# foreign language class



## xi (May 9, 2006)

I wanna take a foreign language class to boost my gpa but I'm afraid of participation. Sigh.


----------



## Jack (Dec 29, 2004)

From my experience, I was in Spanish for 3 years (quitting this coming year- I wanted the last hour off), and participation really wasn't too bad for me. A lot of it was voluntary, meaning you raise your hand, get called on, supply an answer, and move on, which I was happy about, cause I don't really volunteer anyways. If I were you, I'd hook up with someone who's had the teach before, ask them whether you're forced to answer a lot of questions or not, and go from there. If you're good at language stuff, I'd seriously consider it, it made a good filler class for me...and it looks better later on to take a language.

And on a sidenote, participation (or a lack thereof, for me) really didn't affect my grade too much. If you ace your tests and quizzes, do your assignments on time, that sorta stuff, it all balances out participation. I rarely participated 2nd semester, and still held down a B+ in that class.


----------



## vicente (Nov 10, 2003)

In my experience, foreign language classes are low in workload but in the end, it's not worth it at the end for people who have problems with presenting and participating, for example, me. I mean, the assignments were easy, I got A's in all of them, but often times the participation mark is such a high proportion of the total mark that it can screw up your total mark in the end. I really like taking these classes, but I find that although I get good marks on everything EXCEPT participation, my mark usually turns out to lower than anything i've turned it, because of my crappy presentation or not participating enough. So in my experience language courses might not be the best way to boost GPA for people with SA, though they can still be fun in that you're learning a different language.

I find that language clubs are better for me, where people meet up to speak in a foreign language. At first you might be like, "oh no no no, there's no way I'm going to feel comfortable talking with a bunch of people I barely know", but the fact that it's a foreign language makes everyone kind of anxious, and when they see you hesitating or nervous they just assume you're struggling with a word, and not because you have Social Anxiety Disorder! There should be some of these clubs at your school, if not, you can check out sites like Meetup.com. There are a bunch of them in Long Beach and all over the place in LA county. I go to the Portuguese one which often meets in a cafe in Pasadena, the people there are really friendly.


----------



## terra (Feb 12, 2007)

I've taken 3 quarters of French language. I had a 3.93 cumulative GPA for those 3 courses. I didn't participate much at all, my instructor seemed sensitive to the fact that not all of us were anxious to speak up in class, let alone in a foreign language! You will be required to participate, of course, but in my experience, most instructors give full participation points as long as you show up for class regularly. At least make an effort to volunteer to speak at least once in a while, show some interest, and you'll be fine. Foreign, or World Languages (politically correct term these days) are great GPA boosters.


----------



## xi (May 9, 2006)

People tell me psychology class is a gpa booster and I've already done two. Yet all I got are B's. I can't really memorize all the DMS-IV stuffs.  My gpa is still 2.2 although I've a year to boost it. I think language class is my last resort.  Someone who had took French told me that participation point was 30 % of the total grade. Sigh...


----------



## bezoomny (Feb 10, 2007)

You will never have to speak Latin. Ever. 

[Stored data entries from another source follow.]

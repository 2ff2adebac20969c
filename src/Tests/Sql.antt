-- ===== src/Tests/Sql.antt =====
-- The text2sql stage on concrete answers and queries.
use querylynx.Base.{none, some, ok, ◌≡◌, refl, arith, [], ◌∷◌, ◌++◌}
use querylynx.Strings.{codes, trim_space}
use querylynx.Strings.Names.{contains}
use querylynx.Sql.{extract_sql, unknown_table, validate_tables, generate}
use querylynx.Context.{background}
use querylynx.Sql.Extract.{fence, extract_sql-fenced}
use querylynx.Sql.Quoted.{select_from, validate_tables_quoted, validate_tables_dotted}
use querylynx.Tests.Fleet.{fleet, scripted}
use querylynx.Tests.Running.{run_sql}

validate_tables_cte :
    validate_tables
      (codes "WITH x AS (SELECT * FROM public.vehicles) SELECT * FROM x JOIN TRIPS t")
      fleet
    ≡ none
unfolding run_sql
validate_tables_cte = refl

validate_tables_ghost :
    validate_tables (codes "select * from ghost") fleet
    ≡ some (codes "table \"ghost\" does not exist; known tables: Trips, vehicles")
unfolding run_sql
validate_tables_ghost = refl

generate_fenced :
    generate scripted background
      (ok (codes "```sql\nSELECT 1\n```") ∷ [])
      (codes "postgres")
      (codes "one")
      fleet
      []
    ≡ (ok (codes "SELECT 1"), [])
unfolding run_sql
generate_fenced = refl

extract_sql-fenced_example :
    extract_sql (
      codes "Here: "
      ++ (fence
          ++ (codes "sql" ++ b'\n' ∷ (codes "SELECT 1" ++ (b'\n' ∷ (fence ++ codes " done"))))))
    ≡ trim_space (codes "SELECT 1")
extract_sql-fenced_example =
    extract_sql-fenced (codes "Here: ") (codes "sql") (codes "SELECT 1") (codes " done")
      (unfold run_sql in ground arith) (unfold run_sql in ground arith)
      (unfold run_sql in ground arith)

validate_tables_quoted_example :
    validate_tables (select_from (codes "\"public\".\"vehicles\"")) fleet
    ≡ some (unknown_table (codes "public") fleet)
validate_tables_quoted_example =
    validate_tables_quoted fleet b'p' (codes "ublic") (codes "vehicles")
      (unfold run_sql in ground arith) (unfold run_sql in ground arith)
      (unfold run_sql contains in refl)

validate_tables_dotted_example :
    validate_tables (select_from (codes "public.\"ghost\"")) fleet ≡ none
validate_tables_dotted_example =
    validate_tables_dotted fleet b'p' (codes "ublic") (codes "ghost")
      (unfold run_sql in ground arith) (unfold run_sql in ground arith)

Makes it a good choice for sa'ers, imo.


----------



## barnabas (Apr 24, 2007)

What is "participation" though? I've taken several language classes and for the most part participation means attending class and answering the question when the professor happens to call on you. I personally never find that nerve-wrecking. If it were another class I _would_ be afraid to say something out loud in case I sound stupid (and modesty is never my thing), but in a foreign language class (especially a beginning one), you're kind of expected to sound stupid (a.k.a. not very fluent).

(I like parentheses entirely a little too much.)


----------



## Starbuline (Jul 4, 2007)

Taking German was hell for me. About 50% of the grade was participation.


----------



## Mayflower 2000 (Nov 11, 2003)

barnabas said:


> What is "participation" though? I've taken several language classes and for the most part participation means attending class and answering the question when the professor happens to call on you. I personally never find that nerve-wrecking. If it were another class I _would_ be afraid to say something out loud in case I sound stupid (and modesty is never my thing), but in a foreign language class (especially a beginning one), you're kind of expected to sound stupid (a.k.a. not very fluent).
> 
> (I like parentheses entirely a little too much.)


Is that what language classes are like? I'd be terrified. The worst thing about school for me was the possibility of a teacher calling on me to read or answer a question, at any random time. I almost lost my mind in high school from that!!

I took a language class before, but it was online and the only speaking I had to do was recording sound files and sending them to the teacher, which for me anyway isn't a problem since I can start stop retake as much as I want.


----------



## emptybottle (Jan 3, 2005)

See if your school has online sections for language courses. It's easy as hell. The downside is that you get next to no practice speaking, so this is recommended only if you don't care about actually learning the language.


----------



## Speak Easy (Jun 27, 2006)

I've taken French and Spanish and both required participation. It may depend on the teacher, but in the end, what better way to learn a language than to speak it? You will definitely need to participate.


----------



## millenniumman75 (Feb 4, 2005)

It does depend on the teacher. I remember our French teacher in high school would have everybody line up outside the door and have a brief conversation. They wold have to do it right, or not get into the classroom! :eek

I tried to take French I and Spanish III my junior year. I dropped French after the first week after the teacher decided to make an example out of me because I forgot to cover my book. She said "Monsieur MM c'est zero". That was enough of that! I ended up taking four years of Spanish, and two Junior level college courses.

For Spanish I, we had to put together a news program. I, of course, did weather. Ended up with an A and an award for best weather out of six classes!  Trying to give an entire weather report in Spanish like on television was hard, but I learned a LOT of vocabulary!


----------



## whiteclouds (Mar 18, 2004)

I took two years of Spanish in high school. I got a little nervous speaking in front of the class or speaking for a test, but I really enjoyed the subject, itself. Especially, the reading and writing parts.

I eventually stopped my Spanish studies, mainly because the teacher was terrible - he was very lax on grading, to the point of helping us cheat, he lacked discipline and let the class go wild everyday - it would take twenty minutes of goofing off, before we finally got to business. It felt like a waste, like I wasn't learning anything.

But those were teacher problems. I loved the subject, itself. I'd like to take up Spanish again, someday. It's an interesting language.


----------



## Whimsy (Mar 16, 2006)

I took spanish for a long time and I finished in high school since it was no longer required of me to take it. I hated the participation but I could write essays and read spanish literature after wards. Then I took Latin for a year in college there were only 10 of us in class so it wasn't that bad. However the professor required tons of participation from reading, translating, going into every bit of grammar out loud by drilling us...we even had to voice our opinions on Roman history  But I loved the history part it killed alot of time lol. Now I'm taking sign language, hands down the best class ever.


----------